▸ **Instructions to follow**
From the entries below, pull out each line where "balance" appears.

▸ **The data**

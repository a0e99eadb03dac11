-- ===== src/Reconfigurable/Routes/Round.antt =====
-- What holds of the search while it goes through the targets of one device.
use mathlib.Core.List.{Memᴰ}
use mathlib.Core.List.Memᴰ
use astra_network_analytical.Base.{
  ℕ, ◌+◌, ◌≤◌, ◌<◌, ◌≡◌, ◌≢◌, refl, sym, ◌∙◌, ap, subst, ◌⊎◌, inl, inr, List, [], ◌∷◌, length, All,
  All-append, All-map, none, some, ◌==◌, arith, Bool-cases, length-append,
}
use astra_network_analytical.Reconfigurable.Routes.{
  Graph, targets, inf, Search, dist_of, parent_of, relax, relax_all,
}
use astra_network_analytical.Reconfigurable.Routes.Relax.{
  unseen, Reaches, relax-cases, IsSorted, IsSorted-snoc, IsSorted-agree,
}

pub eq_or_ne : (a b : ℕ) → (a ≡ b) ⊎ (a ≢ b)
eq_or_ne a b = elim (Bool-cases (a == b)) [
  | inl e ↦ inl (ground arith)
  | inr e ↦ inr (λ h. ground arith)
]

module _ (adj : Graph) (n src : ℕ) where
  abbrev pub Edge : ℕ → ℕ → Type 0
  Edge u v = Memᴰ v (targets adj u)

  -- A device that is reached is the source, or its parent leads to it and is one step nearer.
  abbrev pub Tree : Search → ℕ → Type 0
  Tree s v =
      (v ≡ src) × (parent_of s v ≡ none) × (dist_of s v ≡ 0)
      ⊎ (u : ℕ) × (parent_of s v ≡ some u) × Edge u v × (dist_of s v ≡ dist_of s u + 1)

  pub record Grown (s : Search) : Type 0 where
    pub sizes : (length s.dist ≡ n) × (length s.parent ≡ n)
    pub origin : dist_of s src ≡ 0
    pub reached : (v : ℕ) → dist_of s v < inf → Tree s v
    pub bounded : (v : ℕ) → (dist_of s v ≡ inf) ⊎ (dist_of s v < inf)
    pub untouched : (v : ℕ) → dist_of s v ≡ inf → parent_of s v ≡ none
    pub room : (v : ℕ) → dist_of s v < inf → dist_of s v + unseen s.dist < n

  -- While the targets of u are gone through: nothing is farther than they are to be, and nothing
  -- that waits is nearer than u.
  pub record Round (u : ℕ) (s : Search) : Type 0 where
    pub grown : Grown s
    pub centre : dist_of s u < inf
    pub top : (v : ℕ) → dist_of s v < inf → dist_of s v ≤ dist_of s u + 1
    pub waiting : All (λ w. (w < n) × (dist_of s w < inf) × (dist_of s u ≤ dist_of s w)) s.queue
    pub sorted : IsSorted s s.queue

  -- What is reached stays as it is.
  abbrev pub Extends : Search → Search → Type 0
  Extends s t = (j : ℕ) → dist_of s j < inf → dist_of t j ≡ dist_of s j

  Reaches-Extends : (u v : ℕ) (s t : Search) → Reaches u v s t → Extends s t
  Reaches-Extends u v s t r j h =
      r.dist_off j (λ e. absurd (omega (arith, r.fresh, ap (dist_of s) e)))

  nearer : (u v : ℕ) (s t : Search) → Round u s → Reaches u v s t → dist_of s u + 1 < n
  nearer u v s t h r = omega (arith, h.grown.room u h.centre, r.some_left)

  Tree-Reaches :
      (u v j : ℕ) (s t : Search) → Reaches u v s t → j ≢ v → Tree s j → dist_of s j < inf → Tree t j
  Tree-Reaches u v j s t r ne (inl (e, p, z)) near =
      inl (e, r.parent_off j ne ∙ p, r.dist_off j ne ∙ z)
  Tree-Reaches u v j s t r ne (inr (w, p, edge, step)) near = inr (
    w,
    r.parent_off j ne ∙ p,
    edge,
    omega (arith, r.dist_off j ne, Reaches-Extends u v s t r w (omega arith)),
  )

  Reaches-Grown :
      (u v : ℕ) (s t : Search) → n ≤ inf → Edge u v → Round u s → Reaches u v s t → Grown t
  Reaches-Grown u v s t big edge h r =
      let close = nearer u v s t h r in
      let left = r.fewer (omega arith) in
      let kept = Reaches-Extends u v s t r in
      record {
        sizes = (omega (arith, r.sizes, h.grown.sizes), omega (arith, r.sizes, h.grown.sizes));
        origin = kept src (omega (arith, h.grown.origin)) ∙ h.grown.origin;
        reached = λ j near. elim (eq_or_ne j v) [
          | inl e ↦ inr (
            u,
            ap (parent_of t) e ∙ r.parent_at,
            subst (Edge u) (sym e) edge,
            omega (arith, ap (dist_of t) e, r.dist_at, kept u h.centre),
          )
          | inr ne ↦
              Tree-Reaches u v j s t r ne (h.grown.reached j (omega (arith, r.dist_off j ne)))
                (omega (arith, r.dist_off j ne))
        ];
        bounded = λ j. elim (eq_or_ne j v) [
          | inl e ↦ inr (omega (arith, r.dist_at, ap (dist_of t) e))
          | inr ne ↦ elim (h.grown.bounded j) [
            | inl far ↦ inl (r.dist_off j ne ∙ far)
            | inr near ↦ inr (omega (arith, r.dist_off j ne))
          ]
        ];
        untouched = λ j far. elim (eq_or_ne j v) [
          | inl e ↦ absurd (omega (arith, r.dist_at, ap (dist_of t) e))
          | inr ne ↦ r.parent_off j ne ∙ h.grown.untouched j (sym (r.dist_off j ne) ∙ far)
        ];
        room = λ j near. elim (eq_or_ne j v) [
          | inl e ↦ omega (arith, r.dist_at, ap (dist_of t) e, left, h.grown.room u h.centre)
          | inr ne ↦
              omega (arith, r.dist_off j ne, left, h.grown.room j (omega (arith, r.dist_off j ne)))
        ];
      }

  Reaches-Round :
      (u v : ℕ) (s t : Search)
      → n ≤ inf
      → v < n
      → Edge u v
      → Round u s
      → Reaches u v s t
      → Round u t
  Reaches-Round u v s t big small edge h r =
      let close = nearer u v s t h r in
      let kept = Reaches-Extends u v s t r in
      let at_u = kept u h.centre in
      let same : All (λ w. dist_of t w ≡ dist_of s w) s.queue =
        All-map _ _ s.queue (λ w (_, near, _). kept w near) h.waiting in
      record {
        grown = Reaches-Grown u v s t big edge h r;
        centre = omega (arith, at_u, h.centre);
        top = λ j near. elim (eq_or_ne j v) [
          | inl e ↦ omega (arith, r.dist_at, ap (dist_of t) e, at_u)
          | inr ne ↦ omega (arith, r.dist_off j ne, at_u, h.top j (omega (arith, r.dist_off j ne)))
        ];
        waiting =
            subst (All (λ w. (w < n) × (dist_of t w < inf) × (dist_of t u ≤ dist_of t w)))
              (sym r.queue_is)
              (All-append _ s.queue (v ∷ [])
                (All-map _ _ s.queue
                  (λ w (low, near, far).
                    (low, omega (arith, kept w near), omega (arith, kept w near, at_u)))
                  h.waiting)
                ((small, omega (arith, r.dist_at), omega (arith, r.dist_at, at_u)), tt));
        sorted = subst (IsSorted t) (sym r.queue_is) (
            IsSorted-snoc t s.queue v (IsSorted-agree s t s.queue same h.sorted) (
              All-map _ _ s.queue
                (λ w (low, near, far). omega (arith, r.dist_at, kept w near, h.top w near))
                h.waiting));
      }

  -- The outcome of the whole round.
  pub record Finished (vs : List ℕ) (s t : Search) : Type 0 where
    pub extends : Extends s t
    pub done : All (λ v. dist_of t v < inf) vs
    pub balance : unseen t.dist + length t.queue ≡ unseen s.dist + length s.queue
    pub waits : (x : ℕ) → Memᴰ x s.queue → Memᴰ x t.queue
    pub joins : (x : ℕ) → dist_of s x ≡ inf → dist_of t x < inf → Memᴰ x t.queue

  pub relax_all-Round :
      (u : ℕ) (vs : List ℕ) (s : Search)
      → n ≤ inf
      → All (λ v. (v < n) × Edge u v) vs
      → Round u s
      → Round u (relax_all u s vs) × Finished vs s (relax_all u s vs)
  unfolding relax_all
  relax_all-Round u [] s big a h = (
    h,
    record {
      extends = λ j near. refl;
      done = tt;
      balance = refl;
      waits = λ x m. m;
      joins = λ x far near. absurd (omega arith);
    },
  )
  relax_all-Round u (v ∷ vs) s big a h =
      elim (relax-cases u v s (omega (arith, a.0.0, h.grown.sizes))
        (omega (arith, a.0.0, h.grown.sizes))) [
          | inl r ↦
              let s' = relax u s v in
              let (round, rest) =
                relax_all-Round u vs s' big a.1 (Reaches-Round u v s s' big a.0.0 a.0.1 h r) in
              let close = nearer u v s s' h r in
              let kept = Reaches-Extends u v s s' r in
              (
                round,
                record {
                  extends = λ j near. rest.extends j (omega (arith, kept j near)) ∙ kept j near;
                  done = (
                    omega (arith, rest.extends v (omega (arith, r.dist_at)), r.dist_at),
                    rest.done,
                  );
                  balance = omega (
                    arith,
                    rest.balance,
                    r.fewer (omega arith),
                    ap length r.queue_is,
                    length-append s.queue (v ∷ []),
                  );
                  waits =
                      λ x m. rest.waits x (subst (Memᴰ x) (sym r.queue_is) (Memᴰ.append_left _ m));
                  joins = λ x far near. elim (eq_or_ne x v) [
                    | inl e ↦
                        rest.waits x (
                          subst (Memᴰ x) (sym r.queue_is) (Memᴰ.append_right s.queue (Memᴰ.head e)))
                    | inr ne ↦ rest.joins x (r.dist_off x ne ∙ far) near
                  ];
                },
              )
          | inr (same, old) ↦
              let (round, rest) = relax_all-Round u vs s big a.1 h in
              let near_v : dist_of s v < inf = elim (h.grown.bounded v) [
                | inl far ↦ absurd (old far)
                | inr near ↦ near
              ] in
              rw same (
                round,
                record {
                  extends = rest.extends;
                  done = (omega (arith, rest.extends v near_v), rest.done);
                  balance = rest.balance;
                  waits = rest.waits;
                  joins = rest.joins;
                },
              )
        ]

▸ **Response below**
    pub balance : unseen t.dist + length t.queue ≡ unseen s.dist + length s.queue
      balance = refl;
                  balance = omega (
                    rest.balance,
                  balance = rest.balance;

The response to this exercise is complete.